By analyzing existing cross correlation between Sumitomo Rubber Industries and United Natural Foods, you can compare the effects of market volatilities on Sumitomo Rubber and United Natural and check how they will diversify away market risk if combined in the same portfolio for a given time horizon. You can also utilize pair trading strategies of matching a long position in Sumitomo Rubber with a short position of United Natural. Check out your portfolio center. Please also check ongoing floating volatility patterns of Sumitomo Rubber and United Natural.

Diversification Opportunities for Sumitomo Rubber and United Natural

0.61
  Correlation Coefficient

Poor diversification

The 3 months correlation between Sumitomo and United is 0.61. Overlapping area represents the amount of risk that can be diversified away by holding Sumitomo Rubber Industries and United Natural Foods in the same portfolio, assuming nothing else is changed. The correlation between historical prices or returns on United Natural Foods and Sumitomo Rubber is a relative statistical measure of the degree to which these equity instruments tend to move together. The correlation coefficient measures the extent to which returns on Sumitomo Rubber Industries are associated (or correlated) with United Natural. Values of the correlation coefficient range from -1 to +1, where. The correlation of zero (0) is possible when the price movement of United Natural Foods has no effect on the direction of Sumitomo Rubber i.e., Sumitomo Rubber and United Natural go up and down completely randomly.

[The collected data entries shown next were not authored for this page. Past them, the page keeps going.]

-- ===== src/Binary/Grammars.antt =====
-- A whole binary grammar: `BinaryGrammar::writeBinaryGrammar` of src/BinaryGrammar_write.cpp and `BinaryGrammar::parse_grammar` of
-- src/BinaryGrammar_read.cpp. Sets and maps of the grammar are lists in the order in which they are gone through. The contextual
-- tests of a grammar that is written are given apart, as they point to each other; those of one that has been read are listed in the
-- order of reading.
pub mod RoundTrip
pub mod Stored
pub mod Extends
pub mod Accepted
pub mod Truncated
use mathlib.Core.Option
use vislcg.Base.{
  ltb, leb, ◌==◌, if◌then◌else◌, ltb→lt, ltb→le, leb→le, leb→lt, ==_iff, Bool-cases, Option-cases,
  if_elim, length, rejoin, length-append, ℕ, zero, suc, ◌+◌, ◌-◌, ◌*◌, ◌/◌, ◌%◌, ◌^◌, ◌≤◌, ◌<◌, min,
  max, ◌≡◌, refl, sym, ap, ◌∙◌, ◌≢◌, ◌↔◌, ◌⊎◌, inl, inr, Bool, true, false, not, ◌&&◌, ◌||◌, Option,
  none, some, List, [], ◌∷◌, ◌++◌, map, arith, word,
}
use vislcg.Binary.{
  Bytes, Text, Reader, Writer, after, ◌>>=◌, ◌>>◌, pure, fail, guard, put8, put32, put64, read8,
  read32, read64, read_bytes, read_times, put_each, put_vector, read_vector, All, Restores,
  then_lem, read32-put32, read8-put8, read64-put64, read_bytes-append, read_times-put_each,
  read_vector-put_vector,
}
use vislcg.Binary.Fields.{
  Double, Platform, Converts, nonzero, nonempty, is_some, mask, bit, flag, put_if, put_some,
  put_all, field, put_text, read_text, bit-mask, mask-lt, field-put_if, field-nonzero,
  read_text-put_text, field-text, field-put_some, read_some, put_double, read_double,
  read_double-put_double, IsVector, field-put_some_vector, field-vector_of, field-vector,
}
use vislcg.Binary.Tags.{
  Regexp, Tag, t_grammar, t_case_insensitive, tag_flags, write_tag, read_old_value, read_regexp,
  read_name, push_name, read_names, read_vs_names, read_tag_fields, read_tag, IsName, IsRegexp,
  IsTag,
}
use vislcg.Binary.Sets.{
  TagTable, Set, st_static, trie_nonempty, has_tags, bool_byte, trie_serialize, trie_unserialize,
  put_trie, read_trie, set_flags, put_tries, write_set, BothTries, read_tries, read_set_fields,
  read_set,
}
use vislcg.Binary.Contexts.{
  ContextualTest, pos_64bit, test_flags, put_pos, put_test, read_pos, read_hash, read_test_fields,
  read_contextual_test, Context, Contexts, Written, seen_count, and_then, finish_test,
  write_context, write_contexts, unwritten, count_contexts, read_counted_contexts, all_bound,
  hashes,
}
use vislcg.Binary.Rules.{
  ℤ, Rule, add_contextual_test, reverse, reverse_contextual_tests, is_nonzero, sub_word, negative,
  word_sub, rule_flags, hash_or_zero, write_rule, read_reference, read_sub_reading, hash_of,
  read_tests, read_counted_tests, read_rule_fields, read_rule, IsSub, IsRule,
}

pub record Pair : Type 0 where
  pub left : ℕ
  pub right : ℕ

pub record Grammar : Type 0 where
  pub has_dep : Bool
  pub mapping_prefix : ℕ
  pub sub_readings_ltr : Bool
  pub single_tags_list : List Tag
  pub reopen_mappings : List ℕ
  pub preferred_targets : List ℕ
  pub parentheses : List Pair
  pub parentheses_reverse : List Pair
  pub anchors : List Pair
  pub sets_list : List Set
  pub delimiters : Option ℕ
  pub soft_delimiters : Option ℕ
  pub contexts : List ContextualTest
  pub rule_by_number : List Rule
  pub has_relations : Bool
  pub has_bag_of_tags : Bool
  pub ordered : Bool

-- `CG3_FEATURE_REV`, `CG3_TOO_OLD`, and the last revision in the format of before.
abbrev pub feature_rev : ℕ
feature_rev = 13145

abbrev pub too_old : ℕ
too_old = 10373

abbrev pub last_old_format : ℕ
last_old_format = 10297

-- The `'@'` that a new grammar has.
abbrev pub default_prefix : ℕ
default_prefix = 64

-- The table of tags that `single_tags_list` is.
unfoldable pub number_of : List Tag → ℕ → ℕ
number_of [] hash = 0
number_of (t ∷ ts) hash = if t.hash == hash then t.number else number_of ts hash

unfoldable pub hash_at : List Tag → ℕ → ℕ
hash_at [] n = 0
hash_at (t ∷ ts) zero = t.hash
hash_at (t ∷ ts) (suc n) = hash_at ts n

unfoldable pub table_of : List Tag → TagTable
table_of ts = record { number_of = number_of ts; hash_at = hash_at ts }

unfoldable pub grammar_flags : ℕ → Grammar → List Bool
grammar_flags count g =
    g.has_dep
    ∷ nonzero g.mapping_prefix
    ∷ g.sub_readings_ltr
    ∷ nonempty g.single_tags_list
    ∷ nonempty g.reopen_mappings
    ∷ nonempty g.preferred_targets
    ∷ nonempty g.parentheses
    ∷ nonempty g.anchors
    ∷ nonempty g.sets_list
    ∷ is_some g.delimiters
    ∷ is_some g.soft_delimiters
    ∷ nonzero count
    ∷ nonempty g.rule_by_number
    ∷ g.has_relations
    ∷ g.has_bag_of_tags
    ∷ g.ordered
    ∷ []

unfoldable pub put_pair : Pair → Writer
put_pair p rest = put32 p.left (put32 p.right rest)

unfoldable pub put_magic : Writer
put_magic rest = 67 ∷ 71 ∷ 51 ∷ 66 ∷ rest

-- The tests, behind the size of `grammar->contexts`, in the order in which `writeContextualTest` comes to their ends.
unfoldable pub put_contexts : ℕ → List ContextualTest → Writer
put_contexts count tests rest = put_if (nonzero count) (put32 count) (put_each put_test tests rest)

-- The bytes of a grammar, with the size of `grammar->contexts` and the tests that are written.
unfoldable pub put_grammar : Platform → ℕ → List ContextualTest → Grammar → Writer
put_grammar pf count tests g = put_all (
    put_magic
    ∷ put32 feature_rev
    ∷ put32 (mask (grammar_flags count g))
    ∷ put_if (nonzero g.mapping_prefix) (put_text pf (g.mapping_prefix ∷ []))
    ∷ put_if (nonempty g.single_tags_list) (put_vector (write_tag pf) g.single_tags_list)
    ∷ put_if (nonempty g.reopen_mappings) (put_vector put32 g.reopen_mappings)
    ∷ put_if (nonempty g.preferred_targets) (put_vector put32 g.preferred_targets)
    ∷ put_if (nonempty g.parentheses) (put_vector put_pair g.parentheses)
    ∷ put_if (nonempty g.anchors) (put_vector put_pair g.anchors)
    ∷ put_if (nonempty g.sets_list)
        (put_vector (write_set pf (table_of g.single_tags_list)) g.sets_list)
    ∷ put_some put32 g.delimiters
    ∷ put_some put32 g.soft_delimiters
    ∷ put_contexts count tests
    ∷ put_if (nonempty g.rule_by_number) (put_vector (write_rule pf) g.rule_by_number)
    ∷ [])

-- `writeBinaryGrammar`, with `grammar->contexts`; `none` where a test without a hash ends the program.
unfoldable pub write_grammar : Platform → Grammar → Contexts → Option Writer
unfolding put_grammar write_contexts
write_grammar pf g contexts = elim (write_contexts contexts unwritten) [
  | none ↦ none
  | some w ↦ some (put_grammar pf (count_contexts contexts) (rejoin w.tests []) g)
]

unfoldable pub read_magic : Reader (Unit {0})
read_magic = do
  c ← read8
  g ← read8
  three ← read8
  b ← read8
  guard (c == 67 && g == 71 && three == 51 && b == 66)

unfoldable pub first_of : Text → ℕ
first_of [] = 0
first_of (c ∷ cs) = c

unfoldable pub read_prefix : Platform → Reader ℕ
read_prefix pf = do n ← read32; bs ← read_bytes n; pure (first_of (pf.decode bs))

unfoldable pub read_pair : Reader Pair
read_pair = do left ← read32; right ← read32; pure (record { left = left; right = right })

-- `list[number] = x` on a vector of that many slots; past its end the program's behaviour is not defined.
unfoldable pub set_slot : {A : Type 0} → ℕ → A → List (Option A) → Option (List (Option A))
set_slot n x [] = none
set_slot zero x (s ∷ ss) = some (some x ∷ ss)
set_slot (suc n) x (s ∷ ss) = Option.map (λ ss'. s ∷ ss') (set_slot n x ss)

unfoldable pub place : {A : Type 0} → (A → ℕ) → List A → List (Option A) → Option (List (Option A))
place number [] slots = some slots
place number (x ∷ xs) slots = elim (set_slot (number x) x slots) [
  | none ↦ none
  | some slots' ↦ place number xs slots'
]

unfoldable pub slots : {A : Type 0} → ℕ → List (Option A)
slots zero = []
slots (suc n) = none ∷ slots n

-- The vector, where no slot is left a null pointer.
unfoldable pub filled : {A : Type 0} → List (Option A) → Option (List A)
filled [] = some []
filled (none ∷ ss) = none
filled (some x ∷ ss) = Option.map (λ xs. x ∷ xs) (filled ss)

unfoldable pub from_slots : {A : Type 0} → Option (List (Option A)) → Reader (List A)
from_slots none s = none
from_slots (some ss) s = Option.map (λ xs. (xs, s)) (filled ss)

unfoldable pub read_numbered : {A : Type 0} → (A → ℕ) → Reader A → Reader (List A)
read_numbered number m = do n ← read32; xs ← read_times m n; from_slots (place number xs (slots n))

unfoldable pub swapped : List Pair → List Pair
swapped [] = []
swapped (p ∷ ps) = record { left = p.right; right = p.left } ∷ swapped ps

-- Where a template or an alternative is not there the program goes past the end of a map, whose outcome is not modelled.
unfoldable pub read_grammar_fields : Platform → (ℕ → Bool) → Reader Grammar
read_grammar_fields pf has = do
  mapping_prefix ← field (has 1) default_prefix (read_prefix pf)
  tags ← field (has 3) [] (read_numbered (λ (t : Tag). t.number) (read_tag pf))
  reopen_mappings ← field (has 4) [] (read_vector read32)
  preferred_targets ← field (has 5) [] (read_vector read32)
  parentheses ← field (has 6) [] (read_vector read_pair)
  anchors ← field (has 7) [] (read_vector read_pair)
  sets ← field (has 8) [] (read_numbered (λ (s : Set). s.number) (read_set pf (table_of tags)))
  delimiters ← field (has 9) none read_reference
  soft_delimiters ← field (has 10) none read_reference
  contexts ← field (has 11) [] read_counted_contexts
  rules ← field (has 12) [] (read_numbered (λ (r : Rule). r.number) (read_rule pf))
  guard (all_bound (hashes contexts) contexts)
  pure (record {
    has_dep = has 0;
    mapping_prefix = mapping_prefix;
    sub_readings_ltr = has 2;
    single_tags_list = tags;
    reopen_mappings = reopen_mappings;
    preferred_targets = preferred_targets;
    parentheses = parentheses;
    parentheses_reverse = swapped parentheses;
    anchors = anchors;
    sets_list = sets;
    delimiters = delimiters;
    soft_delimiters = soft_delimiters;
    contexts = contexts;
    rule_by_number = rules;
    has_relations = has 13;
    has_bag_of_tags = has 14;
    ordered = has 15;
  })

-- What `parse_grammar` does by the revision; `old` reads the format of before, which is not modelled.
unfoldable pub read_revision : Platform → Reader Grammar → ℕ → Reader Grammar
read_revision pf old revision =
    if leb revision last_old_format
    then old
    else if ltb revision too_old
    then fail
    else if ltb feature_rev revision
    then fail
    else do mask ← read32; read_grammar_fields pf (bit mask)

-- `parse_grammar`. The reader of the old format starts at the stream's first byte again.
unfoldable pub parse_grammar : Platform → Reader Grammar → Reader Grammar
parse_grammar pf old s =
    (do read_magic; revision ← read32; read_revision pf (λ rest. old s) revision) s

Pair Corralation between Sumitomo Rubber and United Natural

Assuming the 90 days horizon Sumitomo Rubber is expected to generate 13.29 times less return on investment than United Natural. But when comparing it to its historical volatility, Sumitomo Rubber Industries is 4.07 times less risky than United Natural. It trades about 0.1 of its potential returns per unit of risk. United Natural Foods is currently generating about 0.32 of returns per unit of risk over similar time horizon. If you would invest  1,938  in United Natural Foods on September 13, 2024 and sell it today you would earn a total of  894.00  from holding United Natural Foods or generate 46.13% return on investment over 90 days.
Time Period3 Months [change]
DirectionMoves Together 
StrengthSignificant
Accuracy100.0%
ValuesDaily Returns

Sumitomo Rubber Industries  vs.  United Natural Foods

 Performance 
       Timeline  
Sumitomo Rubber Indu 

Risk-Adjusted Performance

8 of 100

 
Weak
 
Strong
OK
Compared to the overall equity markets, risk-adjusted returns on investments in Sumitomo Rubber Industries are ranked lower than 8 (%) of all global equities and portfolios over the last 90 days. Despite nearly fragile basic indicators, Sumitomo Rubber reported solid returns over the last few months and may actually be approaching a breakup point.
United Natural Foods 

Risk-Adjusted Performance

17 of 100

 
Weak
 
Strong
Solid
Compared to the overall equity markets, risk-adjusted returns on investments in United Natural Foods are ranked lower than 17 (%) of all global equities and portfolios over the last 90 days. Despite nearly fragile basic indicators, United Natural reported solid returns over the last few months and may actually be approaching a breakup point.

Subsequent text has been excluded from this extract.